*EXERCISE PROMPT:* Where a line contains the word "Messages", copy that line from the records below.

*RECORDS SUPPLIED:*
-- ===== src/Http/SessionServer.antt =====
-- src/transport/http_session_server.cpp: the sessions of an HTTP server. `Sessions` is what it uses
-- of a `ServerSession`: an object with an identity, whose message handler and close handler the
-- transport calls once `connect` has set them. Requests are handled one after the other; what a
-- request reads from outside (the clock, the random session id, what the session factory returns)
-- is its `Arrival`, and what it does outside are its effects. The callback for closed sessions is
-- set. The table lists its sessions in the order in which they came, where `std::map` goes by the id.
pub mod Ledger
pub mod Lifetimes
pub mod Refusals
use mcp_cpp.Common.{
  ℕ, ◌+◌, ℤ, pos, negsuc, Bool, true, false, not, ◌&&◌, Option, none, some, List, [], ◌∷◌, ◌++◌,
  Text, codes, length, ltb, if◌then◌else◌, text_eq, ◌≡◌,
}
use mcp_cpp.Common.Dict.{Dict, lookup, insert, erase, text_key}
use mcp_cpp.Errors.{Error, fail_with, invalid_request, Result, ok, err}
use mcp_cpp.Json.{JsonLib}
use mcp_cpp.Messages.{
  Message, request, notification, response, Attempt, returns, throws, serialize_message,
}
use mcp_cpp.Messages.Frames.{ParsedFrame, parse_frame}
use mcp_cpp.Http.Channel.{SseChannel, Stream, new_channel, enqueue, attach_stream, shutdown}
use mcp_cpp.Http.Sse.{SseEvent}
use mcp_cpp.Http.Head.{HttpHead, HeaderList, header, header_contains, or_empty}
use mcp_cpp.Http.Post.{
  Capture, error_response, new_capture, try_capture, add_error_response, capture_empty,
  capture_body,
}

pub record Sessions (J : Type 0) : Type 1 where
  pub Session : Type 0
  -- The object, by its address.
  pub address : Session → ℕ
  -- The message handler: the session after it, and what it sends through the transport.
  pub on_message : Message J → Session → Session × List (Message J)
  pub on_close : Session → Session
  pub connect : Session → Session

-- Handling a message does not make another object of the session.
pub record SessionsLaws {J : Type 0} (S : Sessions J) : Type 0 where
  pub address-on_message :
      (m : Message J) (s : S.Session) → S.address (S.on_message m s).0 ≡ S.address s
  pub address-on_close : (s : S.Session) → S.address (S.on_close s) ≡ S.address s
  pub address-connect : (s : S.Session) → S.address (S.connect s) ≡ S.address s

pub record SessionTransport : Type 0 where
  pub channel : SseChannel
  pub closed : Bool

pub record Entry (S : Type 0) : Type 0 where
  pub transport : SessionTransport
  pub session : S
  pub last_activity : ℕ

pub record HttpSessionServerOptions : Type 0 where
  pub replay_buffer_size : ℕ
  pub sse_retry_ms : ℤ
  pub session_idle_timeout : ℤ
  pub allow_client_termination : Bool

pub data Effect (S : Type 0) : Type 0 where
  -- `write_simple`: status, reason, body, content type and extra headers.
  writes : ℕ → Text → Text → Text → HeaderList → Effect S
  -- `attach_stream`: the stream and its initial event.
  streams : Option (Stream × SseEvent) → Effect S
  -- `on_session_closed_`
  reports_closed : S → Effect S
  -- The call of `factory_` and what it returns.
  asks_factory : Option S → Effect S
  -- An exception of the JSON library leaves `handle_request`.
  escapes : Effect S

*TASK RESULT:*
use mcp_cpp.Messages.{
use mcp_cpp.Messages.Frames.{ParsedFrame, parse_frame}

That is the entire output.